I'm a geologist and I've worked for three of the majors. I've seen good work
conditions and I've seen terrible. (This is all office-based work, too. Things
are a _lot_ rougher in the field.)

Essentially all geologists are in the "upstream" side of things (i.e. finding
oil/gas and getting it out of the ground). Upstream has three segments
(exploration, development, and production), and the work-culture depends a lot
on which one of those you're in.

At least in my experience, in exploration things are very schedule-driven. You
work crazy hours all the time to meet arbitrary deadlines. Supposedly, we work
a 9/80 schedule and get every other Friday off. No one is allowed to take
those... It's 7-5 six days a week, and more when it's crunch time. Taking
"vacation" means working from home or only coming in for half a day. We're
required to code our vacation every year, but I've regularly seen people
forced to work through 100% of their vacation time.

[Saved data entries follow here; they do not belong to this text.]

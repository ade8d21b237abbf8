-- ===== src/Server/Transport/Pump.antt =====
-- `pump` of server/src/moq/mod.rs: the routing of a connection's streams and datagrams, by their first
-- byte, to the queues of MoQ and of the session itself.
pub mod Routes
pub mod Control
use webshooter.Base.{
  ℕ, ◌+◌, ◌≤◌, ◌<◌, ◌≡◌, refl, sym, ap, ◌∙◌, arith, Bool, true, false, not, List, [], ◌∷◌, ◌++◌,
  Option, none, some, if◌then◌else◌, length, append-nil, append_assoc,
}
use mathlib.Core.Option
use webshooter.Base.Result.{Result, ok, err}
use webshooter.Shared.Mux.{is_moq_byte, first_byte, client_not_moq}
use webshooter.Shared.WakeQueue.{Inner, new, push, close}
use webshooter.Shared.ClientDatagram.{ClientDatagram, IsValid}
use webshooter.Shared.ClientDatagram.Axis.{Floats}
use webshooter.Shared.ClientDatagram.Encode.{to_bytes}
use webshooter.Shared.ClientDatagram.Decode.{from_bytes}
use webshooter.Shared.ClientDatagram.Decode.RoundTrip.{from_bytes-to_bytes, received}
use webshooter.Server.Transport.{Error}
use webshooter.Server.Transport.Recv.{QuicStream, WtRecvStream, classify, read_to_end}
use webshooter.Server.Transport.Whole.{
  unread, owed, work, classify-whole, read_to_end-whole, ending,
}

-- The `Inbox` of MoQ and the `AppSide` of the session.
pub record Queues (Recv : Type 0) : Type 0 where
  pub moq_unistreams : Inner Recv
  pub moq_datagrams : Inner (List ℕ)
  pub app_unistreams : Inner Recv
  pub app_datagrams : Inner (List ℕ)

abbrev pub new_queues : {Recv : Type 0} → Queues Recv
new_queues = record {
  moq_unistreams = new;
  moq_datagrams = new;
  app_unistreams = new;
  app_datagrams = new;
}

-- What the connection brings. A stream comes with what `classify` makes of it, or `none` where the
-- time for its first byte ran out.
pub data PumpArm (Recv : Type 0) : Type 0 where
  accepted : Option (Result Error (ℕ × Recv)) → PumpArm Recv
  accept_failed : PumpArm Recv
  datagram : List ℕ → PumpArm Recv
  receive_failed : PumpArm Recv

abbrev pub starts_moq : List ℕ → Bool
starts_moq [] = false
starts_moq (byte ∷ payload) = is_moq_byte byte

abbrev pub is_same : Bool → Bool → Bool
is_same true b = b
is_same false b = not b

abbrev pub if_same : {A : Type 0} → Bool → Bool → A → List A
if_same moq mine x = if is_same moq mine then x ∷ [] else []

module _ {Recv : Type 0} where
  unfoldable pub route_stream : ℕ → Recv → Queues Recv → Queues Recv
  route_stream byte r qs =
      if is_moq_byte byte
      then record qs { moq_unistreams = (push r qs.moq_unistreams).0 }
      else record qs { app_unistreams = (push r qs.app_unistreams).0 }

  -- An empty datagram goes to the parser, which rejects it.
  unfoldable pub route_datagram : List ℕ → Queues Recv → Queues Recv
  route_datagram payload qs =
      if starts_moq payload
      then record qs { moq_datagrams = (push payload qs.moq_datagrams).0 }
      else record qs { app_datagrams = (push payload qs.app_datagrams).0 }

  unfoldable pub close_all : Queues Recv → Queues Recv
  close_all qs = record {
    moq_unistreams = (close qs.moq_unistreams).0;
    moq_datagrams = (close qs.moq_datagrams).0;
    app_unistreams = (close qs.app_unistreams).0;
    app_datagrams = (close qs.app_datagrams).0;
  }

  -- The loop, over all that the connection brings.
  unfoldable pub pump : List (PumpArm Recv) → Queues Recv → Queues Recv
  unfolding route_stream route_datagram close_all
  pump [] qs = qs
  pump (accepted (some (ok (byte, r))) ∷ arms) qs = pump arms (route_stream byte r qs)
  pump (accepted (some (err e)) ∷ arms) qs = pump arms qs
  pump (accepted none ∷ arms) qs = pump arms qs
  pump (accept_failed ∷ arms) qs = close_all qs
  pump (datagram payload ∷ arms) qs = pump arms (route_datagram payload qs)
  pump (receive_failed ∷ arms) qs = close_all qs

  -- The streams and the datagrams of one side that come before the connection fails.
  abbrev pub streams_for : Bool → List (PumpArm Recv) → List Recv
  streams_for moq [] = []
  streams_for moq (accepted (some (ok (byte, r))) ∷ arms) =
      (if is_same moq (is_moq_byte byte) then r ∷ [] else []) ++ streams_for moq arms
  streams_for moq (accept_failed ∷ arms) = []
  streams_for moq (receive_failed ∷ arms) = []
  streams_for moq (_ ∷ arms) = streams_for moq arms

  abbrev pub datagrams_for : Bool → List (PumpArm Recv) → List (List ℕ)
  datagrams_for moq [] = []
  datagrams_for moq (datagram payload ∷ arms) =
      (if is_same moq (starts_moq payload) then payload ∷ [] else []) ++ datagrams_for moq arms
  datagrams_for moq (accept_failed ∷ arms) = []
  datagrams_for moq (receive_failed ∷ arms) = []
  datagrams_for moq (_ ∷ arms) = datagrams_for moq arms

  abbrev pub fails : List (PumpArm Recv) → Bool
  fails [] = false
  fails (accept_failed ∷ arms) = true
  fails (receive_failed ∷ arms) = true
  fails (_ ∷ arms) = fails arms
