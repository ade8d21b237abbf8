-- ===== src/Server/Transport/Pump/Control.antt =====
-- A message of the client as a stream, from the pump of server/src/moq/mod.rs to the parser.
use webshooter.Base.{
  ℕ, ◌+◌, ◌≤◌, ◌<◌, ◌≡◌, sym, ap, ◌∙◌, arith, false, [], ◌++◌, none, some, length,
}
use mathlib.Core.Option
use webshooter.Base.Result.{ok}
use webshooter.Shared.Mux.{is_moq_byte, first_byte, client_not_moq}
use webshooter.Shared.ClientDatagram.{ClientDatagram, IsValid}
use webshooter.Shared.ClientDatagram.Axis.{Floats}
use webshooter.Shared.ClientDatagram.Encode.{to_bytes}
use webshooter.Shared.ClientDatagram.Decode.{from_bytes}
use webshooter.Shared.ClientDatagram.Decode.RoundTrip.{from_bytes-to_bytes, received}
use webshooter.Server.Transport.Recv.{QuicStream, WtRecvStream, classify, read_to_end}
use webshooter.Server.Transport.Whole.{
  unread, owed, work, classify-whole, read_to_end-whole, ending,
}

module _ (q : QuicStream) (fl : Floats) where
  open q use {Stream, bytes, fate}

  to_bytes-some : (m : ClientDatagram) → 1 ≤ length (to_bytes fl m)
  unfolding to_bytes
  to_bytes-some m = ground arith

  not_moq :
      (m : ClientDatagram) (byte : ℕ)
      → some byte ≡ first_byte (to_bytes fl m)
      → is_moq_byte byte ≡ false
  not_moq m byte h = cc (ap (Option.map is_moq_byte) h ∙ client_not_moq fl m)

  -- A stream that brings the bytes of a valid message of the client and ends: polled often enough,
  -- it is named by a byte that is not MoQ's, and what is read from it to its end parses as that
  -- message, with the axes of a gamepad's motion rounded to the units of the wire.
  pub control_stream :
      (m : ClientDatagram) (s : Stream) (fuel : ℕ)
      → IsValid m
      → bytes s ≡ to_bytes fl m
      → fate s ≡ none
      → work q s + 1 < fuel
      → (byte : ℕ) × (r : WtRecvStream q) × (classify q fuel s ≡ some (ok (byte, r)))
        × (is_moq_byte byte ≡ false)
        × (read_to_end q fuel r [] ≡ some (ok (to_bytes fl m)))
        × (from_bytes fl (to_bytes fl m) ≡ ok (received fl m))
  control_stream m s fuel valid h ends small =
      let n = classify-whole q fuel s (rw h (to_bytes-some m)) (omega arith) in
      let whole = n.3 ∙ h in
      (
        n.0,
        n.1,
        n.2,
        not_moq m n.0 (ap first_byte (ap (λ p. owed p ++ bytes n.1.inner) (sym n.6) ∙ whole)),
        read_to_end-whole q n.1 fuel (omega (arith, n.5))
            ∙ ap (λ f. some (ending f (unread q n.1))) (n.4 ∙ ends)
            ∙ ap (λ l. some (ok l)) whole,
        from_bytes-to_bytes fl m valid,
      )
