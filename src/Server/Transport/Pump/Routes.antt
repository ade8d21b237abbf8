-- ===== src/Server/Transport/Pump/Routes.antt =====
-- Which queue each stream and each datagram goes to, over a run of the pump of server/src/moq/mod.rs.
use webshooter.Base.{
  ℕ, ◌≡◌, refl, sym, ap, ◌∙◌, arith, Bool, true, false, List, [], ◌∷◌, ◌++◌, none, some,
  if◌then◌else◌, append-nil, append_assoc,
}
use webshooter.Base.Result.{ok, err}
use webshooter.Shared.Mux.{is_moq_byte}
use webshooter.Shared.WakeQueue.{Inner, new, push, close}
use webshooter.Server.Transport.Pump.{
  Queues, new_queues, PumpArm, accepted, accept_failed, datagram, receive_failed, starts_moq,
  if_same, route_stream, route_datagram, close_all, pump, streams_for, datagrams_for, fails,
}

push-open :
    {A : Type 0} (x : A) (q : Inner A)
    → q.closed ≡ false
    → ((push x q).0.items ≡ q.items ++ x ∷ []) × ((push x q).0.closed ≡ false)
unfolding push
push-open x q h = ground arith

behind :
    {A : Type 0} (before first rest : List A) {mid after : List A}
    → mid ≡ before ++ first
    → after ≡ mid ++ rest
    → after ≡ before ++ (first ++ rest)
behind before first rest m h = h ∙ ap (λ l. l ++ rest) m ∙ append_assoc before first rest

unchanged : {A : Type 0} (l : List A) → l ≡ l ++ []
unchanged l = sym (append-nil l)

module _ {Recv : Type 0} where
  pub record IsOpen (qs : Queues Recv) : Type 0 where
    pub moq_unistreams : qs.moq_unistreams.closed ≡ false
    pub moq_datagrams : qs.moq_datagrams.closed ≡ false
    pub app_unistreams : qs.app_unistreams.closed ≡ false
    pub app_datagrams : qs.app_datagrams.closed ≡ false

  pub record Routed (arms : List (PumpArm Recv)) (before after : Queues Recv) : Type 0 where
    pub moq_unistreams :
        after.moq_unistreams.items ≡ before.moq_unistreams.items ++ streams_for true arms
    pub app_unistreams :
        after.app_unistreams.items ≡ before.app_unistreams.items ++ streams_for false arms
    pub moq_datagrams :
        after.moq_datagrams.items ≡ before.moq_datagrams.items ++ datagrams_for true arms
    pub app_datagrams :
        after.app_datagrams.items ≡ before.app_datagrams.items ++ datagrams_for false arms
    pub all_closed :
        (after.moq_unistreams.closed ≡ fails arms)
        × (after.moq_datagrams.closed ≡ fails arms)
        × (after.app_unistreams.closed ≡ fails arms)
        × (after.app_datagrams.closed ≡ fails arms)

  -- What one arm that does not fail adds to each queue.
  abbrev Adds :
      List Recv → List Recv → List (List ℕ) → List (List ℕ) → Queues Recv → Queues Recv → Type 0
  Adds ms ns md nd qs after =
      (after.moq_unistreams.items ≡ qs.moq_unistreams.items ++ ms)
      × (after.app_unistreams.items ≡ qs.app_unistreams.items ++ ns)
      × (after.moq_datagrams.items ≡ qs.moq_datagrams.items ++ md)
      × (after.app_datagrams.items ≡ qs.app_datagrams.items ++ nd)
      × IsOpen after

  route_stream-Adds :
      (byte : ℕ) (r : Recv) (qs : Queues Recv)
      → IsOpen qs
      → Adds
          (if_same true (is_moq_byte byte) r)
          (if_same false (is_moq_byte byte) r)
          []
          []
          qs
          (route_stream byte r qs)
  unfolding route_stream
  route_stream-Adds byte r qs o = by_byte (is_moq_byte byte)
    where
      by_byte :
          (b : Bool)
          → Adds (if_same true b r) (if_same false b r) [] [] qs (
              if b
              then record qs { moq_unistreams = (push r qs.moq_unistreams).0 }
              else record qs { app_unistreams = (push r qs.app_unistreams).0 })
      by_byte true = (
        (push-open r qs.moq_unistreams o.moq_unistreams).0,
        sym (append-nil qs.app_unistreams.items),
        sym (append-nil qs.moq_datagrams.items),
        sym (append-nil qs.app_datagrams.items),
        record {
          moq_unistreams = (push-open r qs.moq_unistreams o.moq_unistreams).1;
          moq_datagrams = o.moq_datagrams;
          app_unistreams = o.app_unistreams;
          app_datagrams = o.app_datagrams;
        },
      )
      by_byte false = (
        sym (append-nil qs.moq_unistreams.items),
        (push-open r qs.app_unistreams o.app_unistreams).0,
        sym (append-nil qs.moq_datagrams.items),
        sym (append-nil qs.app_datagrams.items),
        record {
          moq_unistreams = o.moq_unistreams;
          moq_datagrams = o.moq_datagrams;
          app_unistreams = (push-open r qs.app_unistreams o.app_unistreams).1;
          app_datagrams = o.app_datagrams;
        },
      )

  route_datagram-Adds :
      (payload : List ℕ) (qs : Queues Recv)
      → IsOpen qs
      → Adds [] []
          (if_same true (starts_moq payload) payload)
          (if_same false (starts_moq payload) payload)
          qs
          (route_datagram payload qs)
  unfolding route_datagram
  route_datagram-Adds payload qs o = by_byte (starts_moq payload)
    where
      by_byte :
          (b : Bool)
          → Adds [] [] (if_same true b payload) (if_same false b payload) qs (
              if b
              then record qs { moq_datagrams = (push payload qs.moq_datagrams).0 }
              else record qs { app_datagrams = (push payload qs.app_datagrams).0 })
      by_byte true = (
        sym (append-nil qs.moq_unistreams.items),
        sym (append-nil qs.app_unistreams.items),
        (push-open payload qs.moq_datagrams o.moq_datagrams).0,
        sym (append-nil qs.app_datagrams.items),
        record {
          moq_unistreams = o.moq_unistreams;
          moq_datagrams = (push-open payload qs.moq_datagrams o.moq_datagrams).1;
          app_unistreams = o.app_unistreams;
          app_datagrams = o.app_datagrams;
        },
      )
      by_byte false = (
        sym (append-nil qs.moq_unistreams.items),
        sym (append-nil qs.app_unistreams.items),
        sym (append-nil qs.moq_datagrams.items),
        (push-open payload qs.app_datagrams o.app_datagrams).0,
        record {
          moq_unistreams = o.moq_unistreams;
          moq_datagrams = o.moq_datagrams;
          app_unistreams = o.app_unistreams;
          app_datagrams = (push-open payload qs.app_datagrams o.app_datagrams).1;
        },
      )

  closes_all :
      (qs : Queues Recv) (arms : List (PumpArm Recv))
      → Routed (accept_failed ∷ arms) qs (close_all qs)
        × Routed (receive_failed ∷ arms) qs (close_all qs)
  unfolding close_all close
  closes_all qs arms = (
    record {
      moq_unistreams = unchanged qs.moq_unistreams.items;
      app_unistreams = unchanged qs.app_unistreams.items;
      moq_datagrams = unchanged qs.moq_datagrams.items;
      app_datagrams = unchanged qs.app_datagrams.items;
      all_closed = (refl, refl, refl, refl);
    },
    record {
      moq_unistreams = unchanged qs.moq_unistreams.items;
      app_unistreams = unchanged qs.app_unistreams.items;
      moq_datagrams = unchanged qs.moq_datagrams.items;
      app_datagrams = unchanged qs.app_datagrams.items;
      all_closed = (refl, refl, refl, refl);
    },
  )

  pump-Routed :
      (arms : List (PumpArm Recv)) (qs : Queues Recv) → IsOpen qs → Routed arms qs (pump arms qs)
  unfolding pump
  pump-Routed [] qs o = record {
    moq_unistreams = unchanged qs.moq_unistreams.items;
    app_unistreams = unchanged qs.app_unistreams.items;
    moq_datagrams = unchanged qs.moq_datagrams.items;
    app_datagrams = unchanged qs.app_datagrams.items;
    all_closed = (o.moq_unistreams, o.moq_datagrams, o.app_unistreams, o.app_datagrams);
  }
  pump-Routed (accepted (some (ok (byte, r))) ∷ arms) qs o =
      let a = route_stream-Adds byte r qs o in
      let h = pump-Routed arms (route_stream byte r qs) a.4 in
      let moq = is_moq_byte byte in
      record {
        moq_unistreams =
            behind qs.moq_unistreams.items (if_same true moq r) (streams_for true arms) a.0
              h.moq_unistreams;
        app_unistreams =
            behind qs.app_unistreams.items (if_same false moq r) (streams_for false arms) a.1
              h.app_unistreams;
        moq_datagrams =
            behind qs.moq_datagrams.items [] (datagrams_for true arms) a.2 h.moq_datagrams;
        app_datagrams =
            behind qs.app_datagrams.items [] (datagrams_for false arms) a.3 h.app_datagrams;
        all_closed = h.all_closed;
      }
  pump-Routed (accepted (some (err e)) ∷ arms) qs o =
      let h = pump-Routed arms qs o in
      record {
        moq_unistreams = h.moq_unistreams;
        app_unistreams = h.app_unistreams;
        moq_datagrams = h.moq_datagrams;
        app_datagrams = h.app_datagrams;
        all_closed = h.all_closed;
      }
  pump-Routed (accepted none ∷ arms) qs o =
      let h = pump-Routed arms qs o in
      record {
        moq_unistreams = h.moq_unistreams;
        app_unistreams = h.app_unistreams;
        moq_datagrams = h.moq_datagrams;
        app_datagrams = h.app_datagrams;
        all_closed = h.all_closed;
      }
  pump-Routed (accept_failed ∷ arms) qs o = (closes_all qs arms).0
  pump-Routed (receive_failed ∷ arms) qs o = (closes_all qs arms).1
  pump-Routed (datagram payload ∷ arms) qs o =
      let a = route_datagram-Adds payload qs o in
      let h = pump-Routed arms (route_datagram payload qs) a.4 in
      let moq = starts_moq payload in
      record {
        moq_unistreams =
            behind qs.moq_unistreams.items [] (streams_for true arms) a.0 h.moq_unistreams;
        app_unistreams =
            behind qs.app_unistreams.items [] (streams_for false arms) a.1 h.app_unistreams;
        moq_datagrams =
            behind qs.moq_datagrams.items (if_same true moq payload) (datagrams_for true arms) a.2
              h.moq_datagrams;
        app_datagrams =
            behind qs.app_datagrams.items (if_same false moq payload) (datagrams_for false arms) a.3
              h.app_datagrams;
        all_closed = h.all_closed;
      }

  -- Whatever the connection brings: each queue holds exactly the streams or datagrams of its side
  -- that came before the connection failed, in order, and all four queues are closed exactly if it
  -- has failed.
  pub pump-routes :
      (arms : List (PumpArm Recv)) → Routed arms (new_queues {Recv = Recv}) (pump arms new_queues)
  unfolding new
  pump-routes arms = pump-Routed arms new_queues (record {
    moq_unistreams = refl;
    moq_datagrams = refl;
    app_unistreams = refl;
    app_datagrams = refl;
  })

Development (oilfield development, not software) is typically a bit more
paced. Most of the work will be on a very regular schedule, except for when
you're responsible for a well that's being drilled. If you're sitting a well,
you're on-call 24/7 for a few weeks. You will have lots of 10pm, 2am, and 6am
conference calls and then go in and work a full day. However, you'll typically
be told to not show up at the office for a week or so afterwards (that's
always informal -- the majors all have strict no comp time rules).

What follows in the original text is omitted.